• _Data records_:
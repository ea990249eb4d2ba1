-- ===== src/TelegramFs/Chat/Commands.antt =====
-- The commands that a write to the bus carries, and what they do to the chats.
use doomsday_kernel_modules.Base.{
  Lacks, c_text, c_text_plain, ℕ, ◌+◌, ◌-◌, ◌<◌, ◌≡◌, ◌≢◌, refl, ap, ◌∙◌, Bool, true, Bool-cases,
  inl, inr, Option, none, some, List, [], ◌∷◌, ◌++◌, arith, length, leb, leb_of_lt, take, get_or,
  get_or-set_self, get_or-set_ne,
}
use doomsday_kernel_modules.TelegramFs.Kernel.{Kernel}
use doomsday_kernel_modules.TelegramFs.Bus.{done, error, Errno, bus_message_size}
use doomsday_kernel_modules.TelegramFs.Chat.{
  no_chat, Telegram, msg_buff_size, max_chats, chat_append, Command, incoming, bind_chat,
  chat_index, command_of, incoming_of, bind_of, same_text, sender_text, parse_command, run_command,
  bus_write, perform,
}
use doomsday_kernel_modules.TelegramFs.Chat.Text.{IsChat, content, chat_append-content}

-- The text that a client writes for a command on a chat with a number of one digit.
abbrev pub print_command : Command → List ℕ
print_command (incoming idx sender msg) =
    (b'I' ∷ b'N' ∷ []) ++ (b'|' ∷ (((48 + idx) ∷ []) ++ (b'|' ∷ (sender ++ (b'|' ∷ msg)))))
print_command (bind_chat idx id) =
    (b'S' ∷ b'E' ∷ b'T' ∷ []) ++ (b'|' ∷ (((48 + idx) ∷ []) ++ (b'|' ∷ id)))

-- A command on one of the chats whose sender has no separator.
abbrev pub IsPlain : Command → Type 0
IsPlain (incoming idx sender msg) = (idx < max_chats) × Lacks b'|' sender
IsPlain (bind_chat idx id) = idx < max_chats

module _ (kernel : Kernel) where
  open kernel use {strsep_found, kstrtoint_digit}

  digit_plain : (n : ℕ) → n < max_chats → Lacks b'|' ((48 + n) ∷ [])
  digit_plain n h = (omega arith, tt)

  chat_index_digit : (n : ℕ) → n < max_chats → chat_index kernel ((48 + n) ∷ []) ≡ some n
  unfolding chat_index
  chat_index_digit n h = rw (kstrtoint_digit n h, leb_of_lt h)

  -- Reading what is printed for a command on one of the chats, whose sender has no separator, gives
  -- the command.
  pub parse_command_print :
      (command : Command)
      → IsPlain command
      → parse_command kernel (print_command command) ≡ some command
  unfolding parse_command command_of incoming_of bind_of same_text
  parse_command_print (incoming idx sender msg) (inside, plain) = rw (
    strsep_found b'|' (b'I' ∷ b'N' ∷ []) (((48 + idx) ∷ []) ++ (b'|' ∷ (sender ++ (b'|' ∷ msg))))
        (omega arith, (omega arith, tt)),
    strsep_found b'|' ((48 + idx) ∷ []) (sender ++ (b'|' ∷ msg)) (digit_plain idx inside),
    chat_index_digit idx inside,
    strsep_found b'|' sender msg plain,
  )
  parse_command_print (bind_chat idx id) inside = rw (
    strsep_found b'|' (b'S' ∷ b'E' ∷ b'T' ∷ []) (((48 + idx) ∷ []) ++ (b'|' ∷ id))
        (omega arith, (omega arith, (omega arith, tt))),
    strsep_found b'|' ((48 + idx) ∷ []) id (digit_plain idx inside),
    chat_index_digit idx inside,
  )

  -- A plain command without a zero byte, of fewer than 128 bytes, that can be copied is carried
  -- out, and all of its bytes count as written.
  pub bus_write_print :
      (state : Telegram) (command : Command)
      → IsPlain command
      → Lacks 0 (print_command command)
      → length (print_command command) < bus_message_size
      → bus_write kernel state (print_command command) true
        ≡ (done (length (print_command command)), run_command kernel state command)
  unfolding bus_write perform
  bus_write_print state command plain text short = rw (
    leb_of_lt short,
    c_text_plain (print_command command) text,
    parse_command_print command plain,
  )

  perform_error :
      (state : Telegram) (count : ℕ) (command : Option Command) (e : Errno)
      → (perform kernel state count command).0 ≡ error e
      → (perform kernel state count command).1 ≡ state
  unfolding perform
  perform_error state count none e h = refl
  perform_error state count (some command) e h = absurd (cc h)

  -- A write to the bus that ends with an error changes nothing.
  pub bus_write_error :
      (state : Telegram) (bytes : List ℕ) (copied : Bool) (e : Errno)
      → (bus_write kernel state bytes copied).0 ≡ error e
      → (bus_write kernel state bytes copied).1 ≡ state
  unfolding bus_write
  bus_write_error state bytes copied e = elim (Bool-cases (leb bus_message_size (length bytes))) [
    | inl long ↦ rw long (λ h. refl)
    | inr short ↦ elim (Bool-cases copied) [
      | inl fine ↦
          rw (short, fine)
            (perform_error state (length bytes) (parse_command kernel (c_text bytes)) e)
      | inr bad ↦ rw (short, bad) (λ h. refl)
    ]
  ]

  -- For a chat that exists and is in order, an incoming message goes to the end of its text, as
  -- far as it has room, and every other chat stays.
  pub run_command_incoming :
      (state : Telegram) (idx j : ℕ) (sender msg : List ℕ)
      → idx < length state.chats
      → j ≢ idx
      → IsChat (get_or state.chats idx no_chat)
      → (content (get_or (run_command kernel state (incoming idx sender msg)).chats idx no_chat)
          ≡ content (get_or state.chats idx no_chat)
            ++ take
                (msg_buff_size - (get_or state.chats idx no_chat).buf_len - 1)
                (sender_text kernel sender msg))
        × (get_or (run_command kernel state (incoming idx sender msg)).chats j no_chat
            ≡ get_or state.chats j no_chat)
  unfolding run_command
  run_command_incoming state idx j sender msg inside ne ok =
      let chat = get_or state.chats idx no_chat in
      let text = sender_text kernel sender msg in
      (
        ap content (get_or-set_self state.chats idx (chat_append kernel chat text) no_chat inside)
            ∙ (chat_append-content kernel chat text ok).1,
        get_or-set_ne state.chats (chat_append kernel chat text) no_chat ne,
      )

...

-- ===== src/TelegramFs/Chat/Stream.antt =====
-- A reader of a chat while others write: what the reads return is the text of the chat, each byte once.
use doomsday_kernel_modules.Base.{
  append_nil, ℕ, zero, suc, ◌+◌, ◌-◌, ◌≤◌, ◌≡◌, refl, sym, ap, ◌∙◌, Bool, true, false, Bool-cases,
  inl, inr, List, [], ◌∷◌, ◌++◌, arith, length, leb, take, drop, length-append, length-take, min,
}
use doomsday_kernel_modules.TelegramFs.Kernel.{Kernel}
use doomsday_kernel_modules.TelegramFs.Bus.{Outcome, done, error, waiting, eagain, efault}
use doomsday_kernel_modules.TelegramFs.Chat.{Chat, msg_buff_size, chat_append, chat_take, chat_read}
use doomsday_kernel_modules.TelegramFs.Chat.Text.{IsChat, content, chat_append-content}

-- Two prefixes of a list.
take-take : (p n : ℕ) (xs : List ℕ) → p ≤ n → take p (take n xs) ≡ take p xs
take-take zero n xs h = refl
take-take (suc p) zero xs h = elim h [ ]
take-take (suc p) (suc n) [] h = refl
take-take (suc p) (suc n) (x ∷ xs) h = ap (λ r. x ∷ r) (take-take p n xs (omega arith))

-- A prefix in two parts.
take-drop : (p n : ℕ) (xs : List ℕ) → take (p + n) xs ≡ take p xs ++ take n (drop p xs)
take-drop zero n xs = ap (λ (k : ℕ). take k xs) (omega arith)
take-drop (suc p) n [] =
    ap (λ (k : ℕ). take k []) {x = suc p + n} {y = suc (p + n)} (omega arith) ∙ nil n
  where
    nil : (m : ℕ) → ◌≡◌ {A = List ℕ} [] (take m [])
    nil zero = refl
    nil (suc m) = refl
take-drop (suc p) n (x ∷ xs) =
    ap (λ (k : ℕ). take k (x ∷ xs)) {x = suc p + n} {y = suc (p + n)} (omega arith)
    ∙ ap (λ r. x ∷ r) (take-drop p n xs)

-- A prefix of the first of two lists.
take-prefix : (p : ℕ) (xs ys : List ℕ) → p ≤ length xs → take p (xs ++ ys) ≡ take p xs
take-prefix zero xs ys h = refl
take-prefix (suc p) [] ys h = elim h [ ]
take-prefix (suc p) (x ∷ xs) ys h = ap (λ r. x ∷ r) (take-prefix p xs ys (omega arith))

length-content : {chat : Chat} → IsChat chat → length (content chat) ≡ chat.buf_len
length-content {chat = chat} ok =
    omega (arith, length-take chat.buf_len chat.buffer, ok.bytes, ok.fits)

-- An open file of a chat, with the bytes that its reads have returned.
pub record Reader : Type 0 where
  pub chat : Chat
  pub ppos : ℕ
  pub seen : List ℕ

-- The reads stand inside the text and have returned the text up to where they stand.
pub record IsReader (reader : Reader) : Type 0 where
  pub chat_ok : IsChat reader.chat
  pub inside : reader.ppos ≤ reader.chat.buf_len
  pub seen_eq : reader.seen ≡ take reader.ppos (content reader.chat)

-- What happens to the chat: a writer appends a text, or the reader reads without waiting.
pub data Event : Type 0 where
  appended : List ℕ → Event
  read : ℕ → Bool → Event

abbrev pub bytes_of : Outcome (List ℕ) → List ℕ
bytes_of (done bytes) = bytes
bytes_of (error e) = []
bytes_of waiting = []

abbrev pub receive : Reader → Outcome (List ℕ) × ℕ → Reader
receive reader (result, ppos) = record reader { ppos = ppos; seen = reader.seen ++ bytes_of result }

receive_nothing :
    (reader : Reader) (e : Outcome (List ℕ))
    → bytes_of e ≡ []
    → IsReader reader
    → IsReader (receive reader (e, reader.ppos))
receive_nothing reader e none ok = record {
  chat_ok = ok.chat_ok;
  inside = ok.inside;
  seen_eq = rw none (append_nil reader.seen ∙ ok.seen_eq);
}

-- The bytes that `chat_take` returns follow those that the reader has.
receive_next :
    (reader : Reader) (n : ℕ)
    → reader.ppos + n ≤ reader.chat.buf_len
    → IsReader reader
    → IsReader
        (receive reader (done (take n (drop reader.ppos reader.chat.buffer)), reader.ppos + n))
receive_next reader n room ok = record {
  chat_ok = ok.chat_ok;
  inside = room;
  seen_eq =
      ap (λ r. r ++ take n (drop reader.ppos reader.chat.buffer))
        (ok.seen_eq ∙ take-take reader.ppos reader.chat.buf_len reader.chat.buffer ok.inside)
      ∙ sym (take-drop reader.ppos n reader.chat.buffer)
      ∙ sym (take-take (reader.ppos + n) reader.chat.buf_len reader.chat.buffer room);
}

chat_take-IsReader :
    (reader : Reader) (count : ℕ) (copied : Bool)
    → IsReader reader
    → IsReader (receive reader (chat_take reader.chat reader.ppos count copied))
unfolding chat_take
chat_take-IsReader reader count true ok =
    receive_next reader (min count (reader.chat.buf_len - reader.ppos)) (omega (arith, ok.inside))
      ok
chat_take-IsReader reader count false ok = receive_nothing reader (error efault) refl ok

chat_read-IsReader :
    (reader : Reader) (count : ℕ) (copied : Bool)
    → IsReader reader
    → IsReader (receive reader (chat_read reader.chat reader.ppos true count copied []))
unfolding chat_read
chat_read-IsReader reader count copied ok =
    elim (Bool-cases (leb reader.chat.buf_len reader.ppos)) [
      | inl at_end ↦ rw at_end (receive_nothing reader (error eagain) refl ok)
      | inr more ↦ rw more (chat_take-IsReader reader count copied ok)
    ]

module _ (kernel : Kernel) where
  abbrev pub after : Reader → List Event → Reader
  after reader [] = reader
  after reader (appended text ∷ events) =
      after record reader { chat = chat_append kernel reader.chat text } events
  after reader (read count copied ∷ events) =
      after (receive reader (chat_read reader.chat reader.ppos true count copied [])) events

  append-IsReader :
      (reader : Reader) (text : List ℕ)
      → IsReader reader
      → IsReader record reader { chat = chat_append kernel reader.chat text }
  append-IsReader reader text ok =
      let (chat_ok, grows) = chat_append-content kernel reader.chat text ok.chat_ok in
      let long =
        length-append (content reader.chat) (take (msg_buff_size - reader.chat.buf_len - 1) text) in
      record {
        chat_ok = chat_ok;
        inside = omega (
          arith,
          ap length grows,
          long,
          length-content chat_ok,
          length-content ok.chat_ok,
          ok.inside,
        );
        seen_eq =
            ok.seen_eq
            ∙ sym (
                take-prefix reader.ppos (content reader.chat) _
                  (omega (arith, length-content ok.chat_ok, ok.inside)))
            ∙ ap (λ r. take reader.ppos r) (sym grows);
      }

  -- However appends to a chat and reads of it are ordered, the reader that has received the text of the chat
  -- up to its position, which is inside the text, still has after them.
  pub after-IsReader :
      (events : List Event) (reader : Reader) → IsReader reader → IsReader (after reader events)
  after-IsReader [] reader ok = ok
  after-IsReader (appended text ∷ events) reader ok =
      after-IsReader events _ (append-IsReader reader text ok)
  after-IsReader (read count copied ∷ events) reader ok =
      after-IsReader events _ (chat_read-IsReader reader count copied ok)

• _What this task involves_: Only one stretch of the data above is needed. Restate it word for word, from the line containing "(sender_text kernel sender" through the line containing "run_command_incoming state idx", both ends included.

• _Task answer_:
                (sender_text kernel sender msg))
        × (get_or (run_command kernel state (incoming idx sender msg)).chats j no_chat
            ≡ get_or state.chats j no_chat)
  unfolding run_command
  run_command_incoming state idx j sender msg inside ne ok =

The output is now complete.